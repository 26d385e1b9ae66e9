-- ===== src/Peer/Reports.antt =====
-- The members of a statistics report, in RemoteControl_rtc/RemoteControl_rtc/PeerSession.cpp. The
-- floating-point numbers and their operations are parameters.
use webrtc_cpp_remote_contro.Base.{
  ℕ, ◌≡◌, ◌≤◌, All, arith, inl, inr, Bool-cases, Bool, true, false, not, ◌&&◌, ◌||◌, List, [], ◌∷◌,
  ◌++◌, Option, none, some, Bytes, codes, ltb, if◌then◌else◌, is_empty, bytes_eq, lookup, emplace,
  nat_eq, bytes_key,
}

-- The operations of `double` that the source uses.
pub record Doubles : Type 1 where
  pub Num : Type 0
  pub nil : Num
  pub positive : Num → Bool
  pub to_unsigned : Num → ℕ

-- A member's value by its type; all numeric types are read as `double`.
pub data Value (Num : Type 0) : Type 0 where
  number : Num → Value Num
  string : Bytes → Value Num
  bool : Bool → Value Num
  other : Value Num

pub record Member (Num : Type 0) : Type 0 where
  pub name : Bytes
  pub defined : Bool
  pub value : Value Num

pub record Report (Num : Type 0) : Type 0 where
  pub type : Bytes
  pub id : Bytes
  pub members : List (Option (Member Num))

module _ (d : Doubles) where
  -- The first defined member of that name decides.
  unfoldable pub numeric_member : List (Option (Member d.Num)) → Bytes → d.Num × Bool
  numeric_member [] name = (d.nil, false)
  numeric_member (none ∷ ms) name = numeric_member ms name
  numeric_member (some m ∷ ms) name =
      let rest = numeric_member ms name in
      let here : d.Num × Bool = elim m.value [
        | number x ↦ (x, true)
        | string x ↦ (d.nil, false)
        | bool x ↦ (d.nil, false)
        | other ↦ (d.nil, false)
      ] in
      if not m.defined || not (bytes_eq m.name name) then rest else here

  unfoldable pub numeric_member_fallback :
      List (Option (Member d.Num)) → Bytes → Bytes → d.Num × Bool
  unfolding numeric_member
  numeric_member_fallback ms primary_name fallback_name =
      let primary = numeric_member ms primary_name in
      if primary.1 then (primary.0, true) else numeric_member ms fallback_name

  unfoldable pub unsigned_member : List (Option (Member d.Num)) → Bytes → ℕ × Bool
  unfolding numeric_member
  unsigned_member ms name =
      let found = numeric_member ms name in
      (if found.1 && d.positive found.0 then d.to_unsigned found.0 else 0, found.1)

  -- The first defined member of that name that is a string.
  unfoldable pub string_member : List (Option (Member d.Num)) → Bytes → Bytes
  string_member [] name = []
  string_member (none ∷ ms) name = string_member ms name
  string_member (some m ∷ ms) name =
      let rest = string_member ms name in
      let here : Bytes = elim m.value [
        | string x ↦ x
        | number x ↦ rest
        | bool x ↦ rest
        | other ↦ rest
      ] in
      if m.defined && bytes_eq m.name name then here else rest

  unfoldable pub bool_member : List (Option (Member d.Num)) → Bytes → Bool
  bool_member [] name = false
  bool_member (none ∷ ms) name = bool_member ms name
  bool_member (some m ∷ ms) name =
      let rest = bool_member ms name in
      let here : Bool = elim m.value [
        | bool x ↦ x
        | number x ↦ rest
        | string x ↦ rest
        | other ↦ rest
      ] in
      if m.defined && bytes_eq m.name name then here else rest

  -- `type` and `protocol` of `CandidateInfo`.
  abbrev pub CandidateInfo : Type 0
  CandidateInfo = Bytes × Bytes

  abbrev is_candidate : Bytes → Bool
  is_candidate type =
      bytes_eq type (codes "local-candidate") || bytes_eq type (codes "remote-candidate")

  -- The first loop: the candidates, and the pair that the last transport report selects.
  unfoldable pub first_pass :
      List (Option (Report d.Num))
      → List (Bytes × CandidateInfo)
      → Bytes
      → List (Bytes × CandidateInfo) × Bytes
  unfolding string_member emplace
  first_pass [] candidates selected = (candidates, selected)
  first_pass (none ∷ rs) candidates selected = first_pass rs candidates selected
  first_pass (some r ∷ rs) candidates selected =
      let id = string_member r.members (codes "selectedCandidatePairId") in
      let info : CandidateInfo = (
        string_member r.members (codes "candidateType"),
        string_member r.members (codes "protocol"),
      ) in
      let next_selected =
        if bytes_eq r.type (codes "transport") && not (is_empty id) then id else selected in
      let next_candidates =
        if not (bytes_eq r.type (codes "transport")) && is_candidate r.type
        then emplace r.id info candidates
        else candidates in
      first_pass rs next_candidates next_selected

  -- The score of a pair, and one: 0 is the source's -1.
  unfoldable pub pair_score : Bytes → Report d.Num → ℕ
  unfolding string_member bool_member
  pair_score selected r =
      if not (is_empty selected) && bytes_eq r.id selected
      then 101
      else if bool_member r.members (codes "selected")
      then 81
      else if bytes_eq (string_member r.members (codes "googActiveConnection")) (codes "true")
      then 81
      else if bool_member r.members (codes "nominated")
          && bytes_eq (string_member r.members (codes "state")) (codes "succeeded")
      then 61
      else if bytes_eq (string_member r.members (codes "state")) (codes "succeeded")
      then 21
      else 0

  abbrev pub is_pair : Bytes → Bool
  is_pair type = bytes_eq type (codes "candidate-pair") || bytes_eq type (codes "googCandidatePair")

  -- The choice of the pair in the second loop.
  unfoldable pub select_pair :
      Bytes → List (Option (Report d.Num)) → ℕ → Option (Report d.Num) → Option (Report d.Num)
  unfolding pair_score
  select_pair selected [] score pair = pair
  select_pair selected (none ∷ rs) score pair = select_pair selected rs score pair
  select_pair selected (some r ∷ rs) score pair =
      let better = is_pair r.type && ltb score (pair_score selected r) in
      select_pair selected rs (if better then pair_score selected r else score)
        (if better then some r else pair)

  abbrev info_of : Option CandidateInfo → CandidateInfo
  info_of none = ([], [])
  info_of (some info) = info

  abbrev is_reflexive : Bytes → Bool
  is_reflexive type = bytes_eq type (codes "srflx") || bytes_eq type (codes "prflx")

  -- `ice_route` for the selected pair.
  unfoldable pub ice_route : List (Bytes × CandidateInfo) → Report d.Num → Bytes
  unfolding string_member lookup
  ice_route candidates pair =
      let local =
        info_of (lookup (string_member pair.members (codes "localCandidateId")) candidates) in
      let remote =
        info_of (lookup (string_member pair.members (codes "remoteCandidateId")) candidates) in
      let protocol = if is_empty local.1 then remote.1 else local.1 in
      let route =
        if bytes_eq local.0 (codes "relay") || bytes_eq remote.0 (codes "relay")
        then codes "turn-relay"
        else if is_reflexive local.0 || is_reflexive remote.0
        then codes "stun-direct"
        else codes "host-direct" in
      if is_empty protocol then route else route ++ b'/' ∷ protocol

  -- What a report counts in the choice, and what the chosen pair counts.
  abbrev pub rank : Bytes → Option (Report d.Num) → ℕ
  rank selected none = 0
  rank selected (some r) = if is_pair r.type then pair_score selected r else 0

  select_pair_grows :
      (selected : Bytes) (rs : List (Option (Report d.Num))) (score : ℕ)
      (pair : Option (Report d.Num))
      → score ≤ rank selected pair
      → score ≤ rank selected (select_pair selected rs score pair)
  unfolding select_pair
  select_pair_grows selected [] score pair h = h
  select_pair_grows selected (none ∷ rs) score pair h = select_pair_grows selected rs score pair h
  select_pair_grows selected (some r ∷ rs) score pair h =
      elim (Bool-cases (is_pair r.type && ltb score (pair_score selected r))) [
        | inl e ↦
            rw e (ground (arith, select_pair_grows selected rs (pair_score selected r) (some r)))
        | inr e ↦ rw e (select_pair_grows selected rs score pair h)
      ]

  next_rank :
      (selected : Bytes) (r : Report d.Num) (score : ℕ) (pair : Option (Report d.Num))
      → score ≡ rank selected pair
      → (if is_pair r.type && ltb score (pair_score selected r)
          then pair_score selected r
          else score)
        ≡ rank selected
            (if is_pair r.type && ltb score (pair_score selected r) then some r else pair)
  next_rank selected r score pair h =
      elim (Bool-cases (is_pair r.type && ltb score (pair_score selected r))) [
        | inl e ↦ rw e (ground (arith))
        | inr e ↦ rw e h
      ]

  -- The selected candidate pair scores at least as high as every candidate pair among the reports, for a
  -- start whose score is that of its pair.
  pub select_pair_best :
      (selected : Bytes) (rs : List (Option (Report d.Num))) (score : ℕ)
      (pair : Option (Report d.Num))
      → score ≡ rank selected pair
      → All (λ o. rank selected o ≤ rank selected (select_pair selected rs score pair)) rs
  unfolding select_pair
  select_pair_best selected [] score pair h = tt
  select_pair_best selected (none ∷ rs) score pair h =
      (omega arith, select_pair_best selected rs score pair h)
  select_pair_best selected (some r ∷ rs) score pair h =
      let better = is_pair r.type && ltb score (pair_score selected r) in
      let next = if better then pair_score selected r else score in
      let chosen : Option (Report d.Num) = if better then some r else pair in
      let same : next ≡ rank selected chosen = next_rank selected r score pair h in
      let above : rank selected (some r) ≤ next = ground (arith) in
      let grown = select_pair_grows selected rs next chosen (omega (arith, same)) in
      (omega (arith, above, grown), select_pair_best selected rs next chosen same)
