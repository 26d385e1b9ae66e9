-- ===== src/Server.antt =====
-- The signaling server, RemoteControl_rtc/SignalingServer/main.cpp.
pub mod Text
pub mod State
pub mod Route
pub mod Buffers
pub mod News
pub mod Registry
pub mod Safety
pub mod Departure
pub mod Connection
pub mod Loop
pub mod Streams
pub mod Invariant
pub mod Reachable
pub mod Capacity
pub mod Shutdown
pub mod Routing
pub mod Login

- _WHAT IS REQUIRED_: Begin with the line that contains "pub mod Reachable" and set down each line exactly until the records above end, including the final line.

- _SOLUTION TO THE EXERCISE_:
pub mod Reachable
pub mod Capacity
pub mod Shutdown
pub mod Routing
pub mod Login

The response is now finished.